Велика была Диана эфесская, велика и праматерь Кибелла; но велика также услада музыки, эта таинственная изначальная сила бытия, выраженная в замечательных числовых соотношениях между путями планет, мировая гармония тех простых мер и пропорций, которыми только и можно измерить непознаваемое.
Если поближе ознакомиться с высказываниями физиков, то все сводится к колебательным движениям неведомого эфира, к его основным силовым полям, которые в свою очередь превращают массы и тела в вибрирующую нематериальную, следовательно духовную субстанцию. Почему же в таком случае не в нечто, очень родственное музыке? Почему не в самую музыку? Разве в основе этого удивительного сочетания звучащих воздушных волн, вибрирующих стальных струн, дополняющих друг друга пропорций не лежит нечто, уже не имеющее ничего общего со звуком и воздухом? Разве, ощутив сущность музыки и растворяясь в ней, не приближаешься тем самым к тайнам высшей математики? Физике предстоит большое будущее. Он это чувствует, хотя не все понимает в ней. И, может быть, с помощью уха, еще целиком погруженного в органическую материю, возможно иногда почуять, что пределы мира развернулись до звезд, иных звезд, лучших миров, о которых поэт, указывая на ночное небо, сказал: «Они — как диски золотой чеканки, и песней ангелов звучит любой из них».
Как бы то ни было, он уже знает, как удалится в небытие. Он удалится на крыльях музыки. Он поставит на рояль усыпляющий напиток и будет пить его, как бы по рассеянности, когда ему захочется. Наслаждением перед самой смертью, проникновением в мир непознанных созвучий и гармоний — вот чем будет его уход из жизни. И пусть вратами к этому прозвучат те звуки, которые он любит больше всех, потому что они мрачны, противоречивы и вместе с тем новы и прекрасны: ля-минорный квартет Брамса.
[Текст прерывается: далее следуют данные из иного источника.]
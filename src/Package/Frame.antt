-- ===== src/Package/Frame.antt =====
-- The frames of the message format of src/task_msg.cpp, as the sender lays them out.
use task_monitor.Base.{
  ℕ, ◌+◌, ◌≤◌, ◌<◌, ◌≡◌, refl, List, ◌++◌, arith, length, take, drop, take-append, take-append-drop,
  sym, ap, ◌∙◌, u32_mod,
}
use task_monitor.Package.{htonl, ntohl, payload}

-- Request id, length, data.
abbrev pub frame : ℕ → List ℕ → List ℕ
frame req_id text = htonl req_id ++ (htonl (length text) ++ text)

pub ntohl-htonl : (n : ℕ) (rest : List ℕ) → n < u32_mod → ntohl (htonl n ++ rest) ≡ n
unfolding ntohl htonl
ntohl-htonl n rest h = omega arith

pub length-htonl : (n : ℕ) → length (htonl n) ≡ 4
unfolding htonl
length-htonl n = refl

pub length-frame : (req_id : ℕ) (text : List ℕ) → length (frame req_id text) ≡ 8 + length text
unfolding htonl
length-frame req_id text = omega arith

pub frame-append :
    (req_id : ℕ) (text rest : List ℕ)
    → frame req_id text ++ rest ≡ htonl req_id ++ (htonl (length text) ++ (text ++ rest))
unfolding htonl
frame-append req_id text rest = refl

-- A long enough beginning of a frame begins with the whole header.
pub header_prefix :
    (req_id : ℕ) (text begun missing : List ℕ)
    → begun ++ missing ≡ frame req_id text
    → 8 ≤ length begun
    → begun ≡ htonl req_id ++ (htonl (length text) ++ drop 8 begun)
unfolding htonl
header_prefix req_id text begun missing e h =
    sym (take-append-drop 8 begun)
    ∙ ap (λ (t : List ℕ). t ++ drop 8 begun) (sym (take-append 8 begun missing h) ∙ ap (take 8) e)

-- The data of a frame that was taken out.
pub payload-frame :
    (req_id len : ℕ) (text : List ℕ)
    → payload (record { req_id = req_id; len = len; bytes = frame req_id text }) ≡ text
unfolding payload htonl
payload-frame req_id len text = refl
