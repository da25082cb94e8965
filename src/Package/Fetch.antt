-- ===== src/Package/Fetch.antt =====
-- getAvailablePackage of src/task_msg.cpp against the frames: what it takes out of the buffer.
use task_monitor.Base.{
  ℕ, ◌+◌, ◌-◌, ◌≤◌, ◌<◌, ◌≡◌, refl, sym, ap, ◌∙◌, ◌⊎◌, inl, inr, List, [], ◌++◌, Bool, true, false,
  none, some, arith, ltb, leb, if◌then◌else◌, Bool-cases, length, take, drop, length-append,
  length-take, length-drop, lt→ltb, take_all, take-length, drop-length, take-append-drop, pos,
  ok_code, u32_mod, ==_refl, ltb_ge, leb_gt,
}
use task_monitor.Ring.{RingBuf, IsRing}
use task_monitor.Package.{
  Package, get_available_package, take_package, nothing, htonl, ntohl, total_len, data_head_len,
}
use task_monitor.Package.Frame.{frame, header_prefix, frame-append, length-frame, ntohl-htonl}

module _ (rb : RingBuf) (ring : IsRing rb) where
  open rb use {Buf, data_size, read_data_only, read_data}
  open ring use {contents}

  -- The bytes after a write that took all of a delivery.
  pub written_all :
      (b : Buf) (bytes : List ℕ)
      → (rb.write_data b bytes).1 ≡ length bytes
      → contents (rb.write_data b bytes).0 ≡ contents b ++ bytes
  written_all b bytes full =
      ring.write_data_lem b bytes
      ∙ rw full (ap (◌++◌ (contents b)) (take_all (length bytes) bytes (omega arith)))

  -- What the three reads of a buffer give that begins with a header.
  module _ (b : Buf) (req_id len : ℕ) (tail : List ℕ)
      (e : contents b ≡ htonl req_id ++ (htonl len ++ tail)) where
    pub size_header : data_size b ≡ 8 + length tail
    unfolding htonl
    size_header = ring.data_size_lem b ∙ rw e (omega arith)

    pub head_header : read_data_only b data_head_len ≡ htonl req_id ++ (htonl len ++ [])
    unfolding htonl
    head_header = ring.read_data_only_lem b 8 ∙ rw e refl

    pub req_id_header : req_id < u32_mod → ntohl (read_data_only b data_head_len) ≡ req_id
    req_id_header h = rw head_header (ntohl-htonl req_id _ h)

    pub len_header : len < u32_mod → ntohl (drop 4 (read_data_only b data_head_len)) ≡ len
    unfolding htonl
    len_header h = rw head_header (ntohl-htonl len [] h)

    -- The call, once the header has been read.
    pub get_header :
        (malloc_ok : Bool)
        → req_id < u32_mod
        → len < u32_mod
        → 0 < length tail
        → get_available_package rb malloc_ok b ≡ (
            if ltb (8 + length tail) (total_len rb len)
            then nothing rb b
            else if malloc_ok
            then take_package rb b req_id len
            else nothing rb b)
    unfolding get_available_package
    get_header malloc_ok hid hlen h =
        rw (
          size_header,
          req_id_header hid,
          len_header hlen,
          leb_gt (8 + length tail) 8 (omega arith),
        )

  -- A read of no more than is there hands it out whole.
  pub take_package_lem :
      (b : Buf) (req_id len : ℕ)
      → total_len rb len ≤ length (contents b)
      → let r = take_package rb b req_id len in
        (r.ret ≡ pos 1)
        × (r.found
            ≡ some (record {
              req_id = req_id;
              len = len;
              bytes = take (total_len rb len) (contents b);
            }))
        × (contents r.buf ≡ drop (total_len rb len) (contents b))
  unfolding take_package
  take_package_lem b req_id len h =
      let n : ℕ = total_len rb len in
      let e : length (read_data b n).1 ≡ n =
        rw (ring.read_data_bytes b n) (omega (arith, length-take n (contents b))) in
      rw (e, ==_refl n) (refl, rw (ring.read_data_bytes b n), ring.read_data_rest b n)

  -- A whole frame at the head of the buffer is handed out, and what follows it stays, if there is
  -- memory for it, its data is not empty, its id fits 32 bits, and so does its length with the header.
  pub fetch_frame :
      (b : Buf) (req_id : ℕ) (text rest : List ℕ)
      → contents b ≡ frame req_id text ++ rest
      → req_id < u32_mod
      → length text + data_head_len < u32_mod
      → 0 < length text
      → let r = get_available_package rb true b in
        (r.ret ≡ pos 1)
        × (r.found
            ≡ some (record { req_id = req_id; len = length text; bytes = frame req_id text }))
        × (contents r.buf ≡ rest)
  fetch_frame b req_id text rest e hid hlen pos_len =
      rw
        (
          get_header b req_id (length text) (text ++ rest) (e ∙ frame-append req_id text rest) true
              hid (omega arith) (omega (arith, length-append text rest)),
          ltb_ge (8 + length (text ++ rest)) (total_len rb (length text))
              (omega (arith, length-append text rest)),
        )
        (rw (← whole, ← after) (take_package_lem b req_id (length text) fits))
    where
      fits : total_len rb (length text) ≤ length (contents b)
      fits = rw e (omega (arith, length-append (frame req_id text) rest, length-frame req_id text))

      total : total_len rb (length text) ≡ length (frame req_id text)
      total = omega (arith, length-frame req_id text)

      whole : take (total_len rb (length text)) (contents b) ≡ frame req_id text
      whole = rw (e, total) (take-length (frame req_id text) rest)

      after : drop (total_len rb (length text)) (contents b) ≡ rest
      after = rw (e, total) (drop-length (frame req_id text) rest)

  -- While a part of a frame is missing, nothing is taken out.
  pub fetch_partial :
      (malloc_ok : Bool) (b : Buf) (req_id : ℕ) (text missing : List ℕ)
      → contents b ++ missing ≡ frame req_id text
      → req_id < u32_mod
      → length text + data_head_len < u32_mod
      → 0 < length missing
      → get_available_package rb malloc_ok b ≡ nothing rb b
  unfolding get_available_package
  fetch_partial malloc_ok b req_id text missing e hid hlen h =
      elim (Bool-cases (leb (data_size b) data_head_len)) [
        | inl short ↦ rw short
        | inr long ↦
            let size : 8 < length (contents b) = ground (arith, ring.data_size_lem b) in
            let tail : List ℕ = drop 8 (contents b) in
            let head : contents b ≡ htonl req_id ++ (htonl (length text) ++ tail) =
              header_prefix req_id text (contents b) missing e (omega arith) in
            let sizes : length (contents b) + length missing ≡ 8 + length text =
              sym (length-append (contents b) missing) ∙ ap length e ∙ length-frame req_id text in
            let rest : length tail ≡ length (contents b) - 8 = length-drop 8 (contents b) in
            rw (
              get_header b req_id (length text) tail head malloc_ok hid (omega arith) (omega arith),
              lt→ltb (8 + length tail) (total_len rb (length text)) (omega arith),
            )
      ]

  -- Every call returns 0 with no package and the buffer unchanged, or 1 with a package whose bytes
  -- are the head of the buffer, and what is behind them stays: -1 is never returned.
  pub fetch_outcome :
      (malloc_ok : Bool) (b : Buf)
      → let r = get_available_package rb malloc_ok b in
        ((r.ret ≡ ok_code) × (r.found ≡ none) × (r.buf ≡ b))
        ⊎ ((p : Package) × (r.ret ≡ pos 1)
            × (r.found ≡ some p)
            × (contents b ≡ p.bytes ++ contents r.buf)
            × (length p.bytes ≡ total_len rb p.len))
  unfolding get_available_package
  fetch_outcome false b = inl (ground arith)
  fetch_outcome true b =
      let head : List ℕ = read_data_only b data_head_len in
      let len : ℕ = ntohl (drop 4 head) in
      elim (Bool-cases (leb (data_size b) data_head_len)) [
        | inl short ↦ rw short (inl (refl, refl, refl))
        | inr long ↦ elim (Bool-cases (ltb (data_size b) (total_len rb len))) [
          | inl missing ↦ rw (long, missing) (inl (refl, refl, refl))
          | inr whole ↦
              let fits : total_len rb len ≤ length (contents b) =
                rw (← ring.data_size_lem b) (ground arith) in
              let (r, f, rest) = take_package_lem b (ntohl head) len fits in
              let bytes : List ℕ = take (total_len rb len) (contents b) in
              rw (long, whole)
                (inr (
                  record { req_id = ntohl head; len = len; bytes = bytes },
                  r,
                  f,
                  rw rest (sym (take-append-drop (total_len rb len) (contents b))),
                  omega (arith, length-take (total_len rb len) (contents b)),
                ))
        ]
      ]
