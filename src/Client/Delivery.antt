-- ===== src/Client/Delivery.antt =====
-- MsgClient::recvData of src/task_msg.cpp: what one delivery of bytes makes the client do.
use task_monitor.Base.{
  ℕ, ◌+◌, ◌<◌, ◌≡◌, refl, ap, ◌∙◌, List, ◌++◌, true, some, arith, length, u32_mod, ok_code,
}
use task_monitor.Ring.{RingBuf, IsRing}
use task_monitor.Package.{get_available_package, nothing, payload, data_head_len, Package}
use task_monitor.Package.Frame.{frame, payload-frame}
use task_monitor.Package.Fetch.{written_all, fetch_frame, fetch_partial}
use task_monitor.ListApi.{ListApi}
use task_monitor.Json.{Json}
use task_monitor.Client.{MsgRequest, MsgClient}
use task_monitor.Client.Receive.{parse_client_data, proc_data, recv_data}

module _ (js : Json) (C : Type 0) (rb : RingBuf) (ring : IsRing rb)
    (api : ListApi (MsgRequest js C)) where
  open ring use {contents}

  not_empty :
      (c : MsgClient js C rb api) (bytes : List ℕ)
      → 0 < length bytes
      → (rb.write_data c.ring bytes).1 ≡ length bytes
      → recv_data js C rb api c true bytes
        ≡ proc_data js C rb api (record c { ring = (rb.write_data c.ring bytes).0 }) true
  unfolding recv_data
  not_empty c bytes h full = ground arith

  proc_data_found :
      (c : MsgClient js C rb api) {p : Package}
      → (get_available_package rb true c.ring).found ≡ some p
      → proc_data js C rb api c true
        ≡ parse_client_data js C rb api
            (record c { ring = (get_available_package rb true c.ring).buf })
            p.req_id
            (payload p)
  unfolding proc_data
  proc_data_found c e = rw (e, proc_data)

  -- A delivery that completes a response hands it on, and leaves in the buffer what follows it.
  pub recv_data-completes_response :
      (c : MsgClient js C rb api) (bytes text rest : List ℕ) (req_id : ℕ)
      → contents c.ring ++ bytes ≡ frame req_id text ++ rest
      → 0 < length bytes
      → (rb.write_data c.ring bytes).1 ≡ length bytes
      → req_id < u32_mod
      → length text + data_head_len < u32_mod
      → 0 < length text
      → (b : rb.Buf) × (contents b ≡ rest)
        × (recv_data js C rb api c true bytes
            ≡ parse_client_data js C rb api (record c { ring = b }) req_id text)
  recv_data-completes_response c bytes text rest req_id e h full hid hlen pos_len =
      let b = (rb.write_data c.ring bytes).0 in
      let (ret, found, left) =
        fetch_frame rb ring b req_id text rest (written_all rb ring c.ring bytes full ∙ e) hid hlen
          pos_len in
      (
        (get_available_package rb true b).buf,
        left,
        not_empty c bytes h full
            ∙ proc_data_found (record c { ring = b }) found
            ∙ rw (payload-frame req_id (length text) text) refl,
      )

  -- While a part of the response is still missing, a delivery is kept: the call returns 0, and no
  -- request ends.
  pub recv_data-waits_response :
      (c : MsgClient js C rb api) (bytes missing text : List ℕ) (req_id : ℕ)
      → (contents c.ring ++ bytes) ++ missing ≡ frame req_id text
      → 0 < length bytes
      → 0 < length missing
      → (rb.write_data c.ring bytes).1 ≡ length bytes
      → req_id < u32_mod
      → length text + data_head_len < u32_mod
      → (b : rb.Buf) × (contents b ≡ contents c.ring ++ bytes)
        × (recv_data js C rb api c true bytes ≡ (ok_code, record c { ring = b }))
  unfolding proc_data
  recv_data-waits_response c bytes missing text req_id e h hm full hid hlen =
      let b = (rb.write_data c.ring bytes).0 in
      let all = written_all rb ring c.ring bytes full in
      let wait : get_available_package rb true b ≡ nothing rb b =
        fetch_partial rb ring true b req_id text missing (ap (λ (t : List ℕ). t ++ missing) all ∙ e)
          hid hlen hm in
      (b, all, not_empty c bytes h full ∙ rw (wait, proc_data, wait))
Рояль, поставленный у него в квартире, — парижский старый инструмент; порой чуть-чуть стеклянные тона, но в общем звук мягкий, благородный. Мертенс разводит питье горячей водой, взятой из термоса, долго помешивает. Он вспоминает о своих племянниках, которым оставляет почти все свое земное достояние; об убогой библиотеке маленького университета, где он провел несколько счастливых месяцев у подножия мало исхоженных гор; благодаря ценному дару — мертенсовским книгам — библиотека вдруг станет важным центром; там будут изучать историю права и развитие юридических теорий. Еще разные мысли мелькают у него в голове. Вот будь у него опыт и ловкость, он мог бы очень хорошо приспособить печурку для выделения углекислоты, что совсем избавило бы его от необходимости активных действий. Ладно, усмехается он, в другой раз! Затем он открывает нотную тетрадь — квартеты Брамса, аранжированные для рояля, — и начинает играть. Звуки мягко льются сквозь окна тихого дома, иной прохожий подымает на мгновение голову, кто-то даже останавливается, но погода, холодная, сырая и неприветливая, гонит их дальше.
Пальцы Мертенса скрещиваются, блаженная улыбка преображает его, он слегка кивает головой и раскачивается всем телом в ритме, уносящем его от действительности. Сердце ширится от счастья, его не выразить словами. Человек, в котором зазвучала эта музыка, прежде чем она Пыла записана потными знаками, слегка располневший курильщик стар с чересчур длинными волосами, тупым носом и бородой, и в этом человеке обитал ангел! Нежнее, чем прекраснейшие тона портретов Рембрандта или Грюневальда, были краски его души, когда в нем зазвучало без слов неземное, высшее счастье.